Adequate glycemic control is important to prevent diabetic complications namely retinopathy, nephropathy, neuropathy and other end organ damage. Despite the rapidly increasing diabetic population across the entire globe,8 inadequate glycemic control still poses an enormous challenge to the healthcare delivery system,8–11 especially in the low-income and middle-income countries, thereby contributing to an increase in prevalence of diabetic complications. In 2019, The Investigation of Glycosylated Haemoglobin on Therapy in Indian diabetics study conducted in India reported over 75% of the T2DM population to have inadequate glycemic control with a glycated hemoglobin (HbA1c) level over 7%.11 However, whether this uncontrolled T2DM population is a heterogenous mix of disease subtypes still remains unknown. Heterogeneity among the uncontrolled T2DM population challenges the efficacy of a uniform treatment protocol12 13 recommended for all patients with T2DM.
Hence, the aim of this study was to investigate whether the uncontrolled T2DM population is a heterogenous mix of disease subtypes and to further identify the pathoclinical features underlying the heterogeneity. Identification of patient subtypes among uncontrolled T2DM would result in a more customized T2DM management protocol thereby paving the way toward personalized therapy.
Research design and methods
Data source and collection
Anonymized electronic health records from March 2016 to December 2020 were collected from a community based primary health clinic located in the district of North 24 Parganas of West Bengal, India. The clinic is run as a vertical of the community-based metabolic health screening program ‘From Food to Nutrition Security’14 with a focus on rendering clinical services in non-communicable diseases including T2DM, hypertension, ischemic heart disease (IHD), dyslipidemia, etc. A detailed clinical history of each patient including present illness, history of past illness, family history, operative history, personal history, menstrual and pregnancy history, allergy history and past investigations are recorded during the first visit. Enrolled patients are then regularly followed up, and examination data (height, weight, pulse and blood pressure), investigation data (blood and imaging investigations) and management data (preventive advice and drugs with dosage) are entered into the digital database during each visit.

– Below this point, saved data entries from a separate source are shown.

-- ===== src/Work.antt =====
-- The durable work queues of src/incident_platform/incident_work.py: items, claims, and what the three
-- in-memory queues share. A queue works on the Incident repository beside its items, so the state of
-- a method is both; the lock is held through each method.
pub mod Collection
pub mod Localization
pub mod Analysis
pub mod Step
pub mod Fencing
pub mod Calls
use Prim.Native.String.{◌++◌ as append_text}
use agent_rca.Prelude.{
  ℕ, ◌+◌, ◌*◌, String, Bool, true, false, Option, none, some, List, [], ◌∷◌, ◌==◌, ◌&&◌, ◌||◌, not,
  ltb, leb, starts_with, if◌then◌else◌,
}
use agent_rca.Outcome.{Error, Result, ok, err, value_error, invalid_transition, Method}
use agent_rca.Outcome.Checked.{guard, ◌>>=◌, ◌>>◌}
use agent_rca.Time.{DateTime, at_most, after}
use agent_rca.Text.{is_worker_id, is_incident_id}
use agent_rca.Sort.{sort_by, text_le}
use agent_rca.Dict.{Dict, lookup, insert, is_some}
use agent_rca.Incident.{Incident}
use agent_rca.Repository.{Repository, Repo}

pub data WorkState : Type 0 where
  ready running succeeded failed : WorkState

-- `context_id` is the key that only the analysis queue's items have, the empty text elsewhere.
pub record WorkItem : Type 0 where
  pub context_id : String
  pub state : WorkState
  pub available_at : DateTime
  pub claim_token : Option String
  pub worker_id : Option String
  pub lease_expires_at : Option DateTime
  pub attempt_count : ℕ
  pub error_code : Option String

-- `IncidentWorkClaim`, and with its `context_id` `IncidentAnalysisWorkClaim`
pub record Claim : Type 0 where
  pub incident_id : String
  pub context_id : String
  pub claim_token : String
  pub worker_id : String
  pub lease_expires_at : DateTime
  pub attempt_count : ℕ
  pub incident : Incident

pub record Queue : Type 0 where
  pub repository : Repository
  pub items : Dict WorkItem

abbrev pub Work : Type 0 → Type 0
Work = Method Queue

-- a call of `self._incidents`
abbrev pub on_repository : {A : Type 0} → Repo A → Work A
on_repository m q = let (result, r) = m q.repository in (result, record q { repository = r })

abbrev pub put_item : String → WorkItem → Queue → Queue
put_item id item q = record q { items = insert id item q.items }

-- durations in microseconds
abbrev pub seconds : ℕ → ℕ
seconds n = n * 1000000

unfoldable pub validate_claim_request : String → DateTime → ℕ → ℕ → Result (Unit {0})
validate_claim_request worker_id now lease_duration max_attempts = do
  guard (is_worker_id worker_id) value_error
  guard now.aware value_error
  guard (leb (seconds 10) lease_duration && leb lease_duration (seconds 1800)) value_error
  guard (leb 1 max_attempts && leb max_attempts 10) value_error

unfoldable pub validate_incident_id : String → Result (Unit {0})
validate_incident_id id = guard (is_incident_id id) value_error

-- `__post_init__` of `IncidentWorkClaim`
unfoldable pub make_claim : Claim → Result Claim
make_claim c = do
  guard (not (c.incident_id == "") && c.incident.incident_id == c.incident_id) value_error
  guard (starts_with c.claim_token "claim-") value_error
  guard (is_worker_id c.worker_id) value_error
  guard c.lease_expires_at.aware value_error
  guard (ltb 0 c.attempt_count) value_error
  ok c

-- `__post_init__` of `IncidentAnalysisWorkClaim`
unfoldable pub make_analysis_claim : Claim → Result Claim
make_analysis_claim c = do
  guard (not (c.incident_id == "") && c.incident.incident_id == c.incident_id) value_error
  guard (starts_with c.context_id "ctx-") value_error
  guard (starts_with c.claim_token "claim-") value_error
  guard (is_worker_id c.worker_id) value_error
  guard c.lease_expires_at.aware value_error
  guard (ltb 0 c.attempt_count) value_error
  ok c

-- a new item of `enqueue`
abbrev pub new_item : String → DateTime → WorkItem
new_item context_id available_at = record {
  context_id = context_id;
  state = ready;
  available_at = available_at;
  claim_token = none;
  worker_id = none;
  lease_expires_at = none;
  attempt_count = 0;
  error_code = none;
}

-- `items.setdefault(incident_id, item)`
abbrev pub set_default : String → WorkItem → Queue → Queue
set_default id item q = if is_some (lookup id q.items) then q else put_item id item q

abbrev pub is_ready_state : WorkState → Bool
is_ready_state ready = true
is_ready_state _ = false

abbrev pub is_running : WorkState → Bool
is_running running = true
is_running _ = false

-- `item["lease_expires_at"] <= now`; a RUNNING item has a lease (Work/Fencing)
abbrev pub lease_passed : Option DateTime → DateTime → Bool
lease_passed none now = false
lease_passed (some t) now = at_most t now

-- the two tests of each claim loop
unfoldable pub is_ready : WorkItem → DateTime → Bool
is_ready item now = is_ready_state item.state && at_most item.available_at now

unfoldable pub is_expired : WorkItem → DateTime → ℕ → Bool
is_expired item now max_attempts =
    is_running item.state
    && lease_passed item.lease_expires_at now
    && ltb item.attempt_count max_attempts

-- `f"claim-{uuid.uuid4().hex}"`, from the drawn hexadecimal text
unfoldable pub token_of : String → String
token_of hex = append_text "claim-" hex

-- `item.update` of each claim
abbrev pub start_item : WorkItem → String → String → DateTime → ℕ → WorkItem
start_item item hex worker_id now lease_duration = record item {
  state = running;
  claim_token = some (token_of hex);
  worker_id = some worker_id;
  lease_expires_at = some (after now lease_duration);
  attempt_count = item.attempt_count + 1;
}

-- the claim that each queue returns for an item that it has just started
abbrev pub claim_of : String → WorkItem → String → String → DateTime → ℕ → Incident → Claim
claim_of id item hex worker_id now lease_duration incident = record {
  incident_id = id;
  context_id = item.context_id;
  claim_token = token_of hex;
  worker_id = worker_id;
  lease_expires_at = after now lease_duration;
  attempt_count = item.attempt_count + 1;
  incident = incident;
}

-- `sorted(items, key=(available_at, incident_id))`
abbrev earlier : String × WorkItem → String × WorkItem → Bool
earlier (i, a) (j, b) =
    if ltb a.available_at.instant b.available_at.instant
    then true
    else leb a.available_at.instant b.available_at.instant && text_le i j

unfoldable pub in_order : Dict WorkItem → List (String × WorkItem)
in_order items = sort_by earlier items

abbrev text_is : Option String → String → Bool
text_is none t = false
text_is (some s) t = s == t

-- the item of a claim that is still the current one: `_current_item`, without the Context test
abbrev pub is_current : Claim → WorkItem → Bool
is_current c item =
    is_running item.state
    && text_is item.claim_token c.claim_token
    && text_is item.worker_id c.worker_id

abbrev current_or_stale : Claim → Option WorkItem → Result WorkItem
current_or_stale c none = err invalid_transition
current_or_stale c (some item) = if is_current c item then ok item else err invalid_transition

-- `_current_item` of the collection and the localization queue
unfoldable pub current_item : Claim → Work WorkItem
current_item c q = (current_or_stale c (lookup c.incident_id q.items), q)

-- a finished item: `state`, no lease, and the error code where the source writes one
abbrev pub finish_item : WorkItem → WorkState → WorkItem
finish_item item state = record item { state = state; lease_expires_at = none }
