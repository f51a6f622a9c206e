-- ===== src/Workflow/State.antt =====
-- orchestration.py: the workflow state, the parts of the policy that it is checked against, and
-- `validate_workflow_state`. The fields of the state have their types by the record, which is what
-- the source's field-set and `isinstance` checks establish.
use the_pass.Prelude.{
  ℕ, String, Bool, true, false, not, ◌&&◌, ◌||◌, Option, none, some, List, [], ◌∷◌, str_eq,
  is_blank, is_empty, is_nil, any_of, mem_text, lookup, keys, ltb, leb,
}
use the_pass.Prelude.Result.{Result, ◌>>◌, raise_if}
use the_pass.Ledger.Host.{Host}
use the_pass.Workflow.Errors.{
  WorkflowError, forbidden, unsupported_target, unknown_stage, unknown_status, field_required,
  reviewer_empty, transition_budget, remediation_budget, no_progress_counter, evidence_empty,
  blockers_empty, reason_required, complete_mismatch, timestamps, reviewer_not_independent,
  package_empty, package_mismatch,
}

pub record Stage : Type 0 where
  pub transitions : List String
  pub reviewer_required : Bool

pub record Policy : Type 0 where
  pub forbidden_target : String
  pub target_gates : List String
  pub statuses : List String
  pub max_transitions : ℕ
  pub max_remediation_laps : ℕ
  pub max_no_progress : ℕ
  pub stages : List (String × Stage)

-- The ledger's environment, `parse_timestamp` as the order of instants, and `Path.resolve`.
pub record World : Type 0 where
  pub host : Host
  pub parse_timestamp : String → Option ℕ
  pub resolve : String → String

pub record State : Type 0 where
  pub run_id : String
  pub strategy_id : String
  pub objective : String
  pub target_gate : String
  pub strategy_owner : String
  pub run_owner : String
  pub reviewer : Option String
  pub started_at : String
  pub updated_at : String
  pub stage : String
  pub status : String
  pub transitions_used : ℕ
  pub remediation_laps : ℕ
  pub no_progress_laps : ℕ
  pub package_path : Option String
  pub package_id : Option String
  pub ledger_path : String
  pub evidence_paths : List String
  pub blockers : List String
  pub next_action : String

abbrev pub is_none : Option String → Bool
is_none none = true
is_none (some s) = false

-- A text that is there but fails a test.
abbrev pub some_is : (String → Bool) → Option String → Bool
some_is p none = false
some_is p (some s) = p s

abbrev pub same : Bool → Bool → Bool
same true b = b
same false b = not b

abbrev pub needs_reason : String → Bool
needs_reason status = str_eq status "waiting" || str_eq status "blocked" || str_eq status "killed"

abbrev pub required_texts : State → List String
required_texts s =
    s.run_id ∷ s.strategy_id ∷ s.objective ∷ s.strategy_owner ∷ s.run_owner ∷ s.ledger_path
    ∷ s.next_action ∷ []

-- `stages[name].get("reviewer_required")`
abbrev pub needs_reviewer : Policy → String → Bool
needs_reviewer p name = elim (lookup name p.stages) [ none ↦ false | some c ↦ c.reviewer_required ]

-- The reviewer is there and is neither of the owners.
abbrev pub is_independent : State → Option String → Bool
is_independent s none = false
is_independent s (some r) = not (str_eq r s.strategy_owner || str_eq r s.run_owner)

-- The two timestamps parse, and the update is not before the start.
abbrev pub are_ordered : Option ℕ → Option ℕ → Bool
are_ordered (some a) (some b) = leb a b
are_ordered _ _ = false

unfoldable pub validate_workflow_state : World → Policy → State → Result WorkflowError (Unit {0})
validate_workflow_state w p s = do
  raise_if (str_eq s.target_gate p.forbidden_target) forbidden
  raise_if (not (mem_text s.target_gate p.target_gates)) unsupported_target
  raise_if (not (mem_text s.stage (keys p.stages))) unknown_stage
  raise_if (not (mem_text s.status p.statuses)) unknown_status
  raise_if (any_of is_blank (required_texts s)) field_required
  raise_if (some_is is_blank s.reviewer) reviewer_empty
  raise_if (ltb p.max_transitions s.transitions_used) transition_budget
  raise_if (ltb p.max_remediation_laps s.remediation_laps) remediation_budget
  raise_if (ltb p.max_no_progress s.no_progress_laps) no_progress_counter
  raise_if (any_of is_empty s.evidence_paths) evidence_empty
  raise_if (any_of is_empty s.blockers) blockers_empty
  raise_if (needs_reason s.status && is_nil s.blockers) reason_required
  raise_if (not (same (str_eq s.stage "complete") (str_eq s.status "complete"))) complete_mismatch
  raise_if (not (are_ordered (w.parse_timestamp s.started_at) (w.parse_timestamp s.updated_at)))
      timestamps
  raise_if (needs_reviewer p s.stage && not (is_independent s s.reviewer)) reviewer_not_independent
  raise_if (some_is is_empty s.package_path || some_is is_empty s.package_id) package_empty
  raise_if (not (same (is_none s.package_path) (is_none s.package_id))) package_mismatch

Four hundred and sixty patients with T2DM either presenting with a known history of T2DM or diagnosed as T2DM during screening were initially selected among whom 370 patients were followed up regularly and had complete medical records. During the last visit, these patients were screened for glycemic control out of which 339 patients were found to have uncontrolled T2DM (diagnosed by fasting plasma glucose over 126 mg/dL, postprandial plasma glucose over 180 mg/dL or HbA1c) over 7%. Data of these 339 patients were taken for clustering. The study design with the timeline is represented in figure 1.
For all the patients with T2DM, antidiabetic drugs were modified by a clinician following the American Diabetic Association guideline.13 The antihypertensive drug dosage for those diagnosed with hypertension was modified according to the measured blood pressure value during each visit. Comorbidities like dyslipidemia and IHD were also managed. For management of all these comorbid conditions, the American Diabetic Association Standard of Medical Care in Diabetes 2016 was followed. All the features from the first clinic visit combined with the diagnoses (including all the comorbid conditions) and drug combinations from the final visit were used in the final analysis. A total of 339 patients with uncontrolled T2DM followed up for a median duration of 14 months (25th percentile: 7 months, 75th percentile: 24 months) were used in this study.
Data preparation
Both continuous and categorical variables were present in the dataset. The continuous variables in the dataset were age, duration of known hypertension (in months) and known T2DM (in months), systolic and diastolic blood pressure, body mass index (BMI) and body fat percentage. The categorical variables were sex, education, occupation (shopkeepers, farmers and homemaker), diseases (IHD, dyslipidemia, hypertension and hypothyroid) and prescribed drugs (metformin, glimepiride, amlodipine, etc), family history of diabetes and hypertension. The dosage of a particular drug was added up and combined to a single column to calculate total intake of the drug. For example, if a patient was taking ‘Glimepiride (2) 1-0-1/2 tab AC’, then the dosage of 3 mg was added under the column glimepiride. BMI was calculated from the height and weight of each patient (kg/m2) and included as a feature. The body fat percentage was calculated using the formula developed by Gallagher et al.15
Identification of clusters using dimensionality reduction techniques followed by density-based spatial clustering of applications with noise (DBSCAN)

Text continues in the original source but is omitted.